Porous-B$_{18}$: An Ideal Topological Semimetal with Symmetry-Enforced Orthogonal Nodal-Line and Nodal-Surface States

Abstract

Topological semimetals (TSMs) featuring symmetry-protected band degeneracies have attracted considerable attention due to their exotic quantum properties and potential applications. While nodal line (NL) and nodal surface (NS) semimetals have been extensively studied, the realization of a material where both NL and NS coexist and are intertwined, particularly with an ideal electronic band structure, remains a significant challenge. Here, we predict via first-principles calculations and symmetry analysis a metastable boron allotrope, Porous-B$_{18}$ (space group $P6_3/m$, No.~176), as a pristine TSM hosting a NS and two straight NLs near the Fermi level. The structure, a honeycomb-like porous 3D framework, exhibits excellent dynamical, thermal (stable up to 1000~K), and mechanical stability. Its electronic band structure is remarkably clean: only the highest valence band (HVB) and the lowest conduction band (LCB) cross linearly within a large energy window of 1.84~eV, free from trivial-band interference. The nodal surface lies on the $k_z = \pm π$ planes, protected by combined time-reversal symmetry ($T$) and twofold screw-rotational symmetry ($S_{2z}$), yielding a full-plane Kramers-like degeneracy. The two nodal lines along $K$--$H$ and $K'$--$H'$ are protected by inversion and time-reversal symmetries, carry a quantized Berry phase of $\pm π$, and connect orthogonally to the nodal surface, forming an intertwined nodal network. Drumhead surface states on the $(1\bar{1}0)$ surface further confirm the nontrivial topology. Porous-B$_{18}$ thus provides an ideal platform for investigating the interplay between nodal-line and nodal-surface fermions and exploring novel quantum transport phenomena.

Figures (4)

• Figure 1: (Color online) Crystal structure and Brillouin zone (BZ) of Porous-B$_{18}$. (a) Top view of a $2\times2\times2$ supercell. (b) Perspective view of the primitive cell. (c) Side view of a $1\times1\times2$ supercell. (d) The B$_9$ cage as the basic structural unit. (e) The first BZ and the projected $(1\bar{1}0)$ surface BZ.
• Figure 2: (Color online) Stability analysis of Porous-B$_{18}$. (a) Phonon dispersion spectrum, showing no imaginary frequencies. (b) Ab initio molecular dynamics (AIMD) simulation results at 600 K (green) and 1000 K (blue) for 8 ps.

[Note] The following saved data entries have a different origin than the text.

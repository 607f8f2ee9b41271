-- ===== src/Algo/Find/Sub.antt =====
-- find_sub and find_sub_last: the first and the last place where one span sits in another.
use c_nad.Core.Span
use c_nad.Prelude.Array.{get_or}
use c_nad.Prelude.{
  ℕ, zero, suc, ◌+◌, ◌-◌, ◌≤◌, ◌<◌, ◌≡◌, refl, ap, ◌∙◌, inl, inr, Bool, true, false, Option, none,
  some, List, [], ◌∷◌, arith, ltb, leb, ◌==◌, le→leb, Bool-cases, length, Returns, Returns-bind,
  Returns-if,
}
use c_nad.Algo.Find.{
  matches_from, matches_at, find_sub_from, find_sub, find_sub_last_from, find_sub_last,
}

module _ {A : Type 0} (d : A) (s : List A) (eq : A → A → Bool) where
  -- `sub` sits in `s` at `at`
  abbrev pub SitsAt : List A → ℕ → Type 0
  SitsAt sub at =
      (at + length sub ≤ length s)
      × ((j : ℕ) → j < length sub → eq (get_or s (at + j) d) (get_or sub j d) ≡ true)

  -- the answer of matches_at
  abbrev Tells : List A → ℕ → Bool → Type 0
  Tells sub at true = (j : ℕ) → j < length sub → eq (get_or s (at + j) d) (get_or sub j d) ≡ true
  Tells sub at false =
      (j : ℕ) × (j < length sub) × (eq (get_or s (at + j) d) (get_or sub j d) ≡ false)

  Tells-next :
      (y : A) (sub : List A) (at : ℕ) (b : Bool)
      → eq (get_or s at d) y ≡ true
      → Tells sub (at + 1) b
      → Tells (y ∷ sub) at b
  unfolding get_or
  Tells-next y sub at true e h = elim [
    | zero ↦ λ p. ap (λ k. eq (get_or s k d) y) (omega arith) ∙ e
    | suc j ↦ λ p. ap (λ k. eq (get_or s k d) (get_or sub j d)) (omega arith) ∙ h j (omega arith)
  ]
  Tells-next y sub at false e h =
      let (j, p, q) = h in
      (suc j, omega arith, ap (λ k. eq (get_or s k d) (get_or sub j d)) (omega arith) ∙ q)

  matches_from-Tells :
      (sub : List A) (at : ℕ)
      → at + length sub ≤ length s
      → Returns (Tells sub at) (matches_from s sub at eq)
  unfolding matches_from get_or
  matches_from-Tells [] at h = (true, refl, λ j p. absurd (omega arith))
  matches_from-Tells (y ∷ sub) at h = rw (Span.get-done d s at (omega arith)) (
      Returns-if (eq (get_or s at d) y)
        (λ e.
          let (b, r, t) = matches_from-Tells sub (at + 1) (omega arith) in
          (b, r, Tells-next y sub at b e t))
        (λ e. (false, refl, (0, omega arith, ap (λ k. eq (get_or s k d) y) (omega arith) ∙ e))))

  matches_at-Tells :
      (sub : List A) (at : ℕ)
      → at + length sub ≤ length s
      → Returns (Tells sub at) (matches_at s sub at eq)
  unfolding matches_at
  matches_at-Tells sub at h = rw (le→leb _ _ h) (matches_from-Tells sub at h)

  not_sits : (sub : List A) (at : ℕ) → Tells sub at false → ¬ SitsAt sub at
  not_sits sub at (j, p, q) h = cc (h.1 j p)

  same : (i j : ℕ) → (i == j) ≡ true → i ≡ j
  same i j e = ground arith

  -- What find_sub reports: the first place, or that there is none.
  abbrev pub IsFirstSub : List A → Option ℕ → Type 0
  IsFirstSub sub none = (i : ℕ) → ¬ SitsAt sub i
  IsFirstSub sub (some k) = SitsAt sub k × ((i : ℕ) → i < k → ¬ SitsAt sub i)

  -- What find_sub_last reports: the last place, or that there is none.
  abbrev pub IsLastSub : List A → Option ℕ → Type 0
  IsLastSub sub none = (i : ℕ) → ¬ SitsAt sub i
  IsLastSub sub (some k) = SitsAt sub k × ((i : ℕ) → k < i → ¬ SitsAt sub i)

  module _ (sub : List A) (some_elem : 0 < length sub) where
    find_sub_from-IsFirstSub :
        (fuel i : ℕ)
        → length s < fuel + i
        → i ≤ length s
        → ((j : ℕ) → j < i → ¬ SitsAt sub j)
        → Returns (IsFirstSub sub) (find_sub_from fuel i s sub eq)
    unfolding find_sub_from
    find_sub_from-IsFirstSub zero i f le before = absurd (omega arith)
    find_sub_from-IsFirstSub (suc fuel) i f le before =
        Returns-if (leb (i + length sub) (length s))
          (λ room.
            let fits : i + length sub ≤ length s = ground arith in
            Returns-bind (matches_at s sub i eq) _ (matches_at-Tells sub i fits) (elim [
              | true ↦ λ t. (some i, refl, ((fits, t), before))
              | false ↦ λ t.
                  find_sub_from-IsFirstSub fuel (i + 1) (omega arith) (omega arith) λ j p.
                    elim (Bool-cases (j == i)) [
                      | inl e ↦ rw (same j i e) (not_sits sub i t)
                      | inr e ↦ before j (ground arith)
                    ]
            ]))
          (λ out. (
            none,
            refl,
            λ j h. elim (Bool-cases (ltb j i)) [
              | inl e ↦ before j (ground arith) h
              | inr e ↦ absurd (ground (arith, h.0))
            ],
          ))

    find_sub_last_from-IsLastSub :
        (start : ℕ)
        → start + length sub ≤ length s + 1
        → ((j : ℕ) → start ≤ j → ¬ SitsAt sub j)
        → Returns (IsLastSub sub) (find_sub_last_from start s sub eq)
    unfolding find_sub_last_from
    find_sub_last_from-IsLastSub zero f after = (none, refl, λ j. after j (omega arith))
    find_sub_last_from-IsLastSub (suc start) f after =
        Returns-bind (matches_at s sub start eq) _ (matches_at-Tells sub start (omega arith))
          (elim [
            | true ↦ λ t. (some start, refl, ((omega arith, t), λ j p. after j p))
            | false ↦ λ t. find_sub_last_from-IsLastSub start (omega arith) λ j p.
                elim (Bool-cases (j == start)) [
                  | inl e ↦ rw (same j start e) (not_sits sub start t)
                  | inr e ↦ after j (ground arith)
                ]
          ])

  -- find_sub returns the first place where the sub-span sits, 0 for an empty one, and false when it
  -- sits nowhere.
  pub find_sub-IsFirstSub : (sub : List A) → Returns (IsFirstSub sub) (find_sub s sub eq)
  unfolding find_sub
  find_sub-IsFirstSub [] =
      (some 0, refl, ((omega arith, λ j p. absurd (omega arith)), λ j p. absurd (omega arith)))
  find_sub-IsFirstSub (y ∷ sub) =
      let elems : (length (y ∷ sub) == 0) ≡ false = ground arith in
      rw elems (
        Returns-if (ltb (length s) (length (y ∷ sub)))
          (λ long. (none, refl, λ j h. absurd (ground (arith, h.0))))
          (λ room.
            find_sub_from-IsFirstSub (y ∷ sub) (omega arith) (length s + 1) 0 (omega arith)
              (omega arith) (λ j p. absurd (omega arith))))

  -- find_sub_last returns the last place where the sub-span sits, the length for an empty one, and
  -- false when it sits nowhere.
  pub find_sub_last-IsLastSub : (sub : List A) → Returns (IsLastSub sub) (find_sub_last s sub eq)
  unfolding find_sub_last
  find_sub_last-IsLastSub [] = (
    some (length s),
    refl,
    ((omega arith, λ j p. absurd (omega arith)), λ j p h. absurd (omega (arith, h.0))),
  )
  find_sub_last-IsLastSub (y ∷ sub) =
      let elems : (length (y ∷ sub) == 0) ≡ false = ground arith in
      rw elems (
        Returns-if (ltb (length s) (length (y ∷ sub)))
          (λ long. (none, refl, λ j h. absurd (ground (arith, h.0))))
          (λ room.
            find_sub_last_from-IsLastSub (y ∷ sub) (omega arith) (length s - length (y ∷ sub) + 1)
              (ground arith) (λ j p h. absurd (ground (arith, h.0)))))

The inset shows the snapshot of the $2\times2\times3$ supercell after 8 ps at 1000 K, which maintains its structural integrity.
• Figure 3: (Color online) Electronic properties of Porous-B$_{18}$. (a) Electronic band structure along high-symmetry paths. The irreducible representations (irreps) of the crossing bands are labeled. (b) Projected density of states (PDOS). (c) Charge density distribution of the crossing states at point P. (d) Brillouin zone showing the nodal surface on the $k_z = \pm \pi$ planes and nodal lines along the K--H and K$'$--H$'$ directions. (e) Band dispersion along the direction normal to the nodal surface at a generic point X on the nodal surface. (f) 3D band crossing visualization in the $k_z = \pi$ (left) and $k_z = 0.9\pi$ (right) planes.
• Figure 4: (Color online) Surface states on the $(1\bar{1}0)$ surface. (a) Surface band structure along the high-symmetry paths. The drumhead surface states (TSS) are highlighted. Constant energy contours at (b) $E = 0.08$ eV and (c) $E = 0.18$ eV, respectively, showing the surface states confined between the projections of the bulk nodal lines.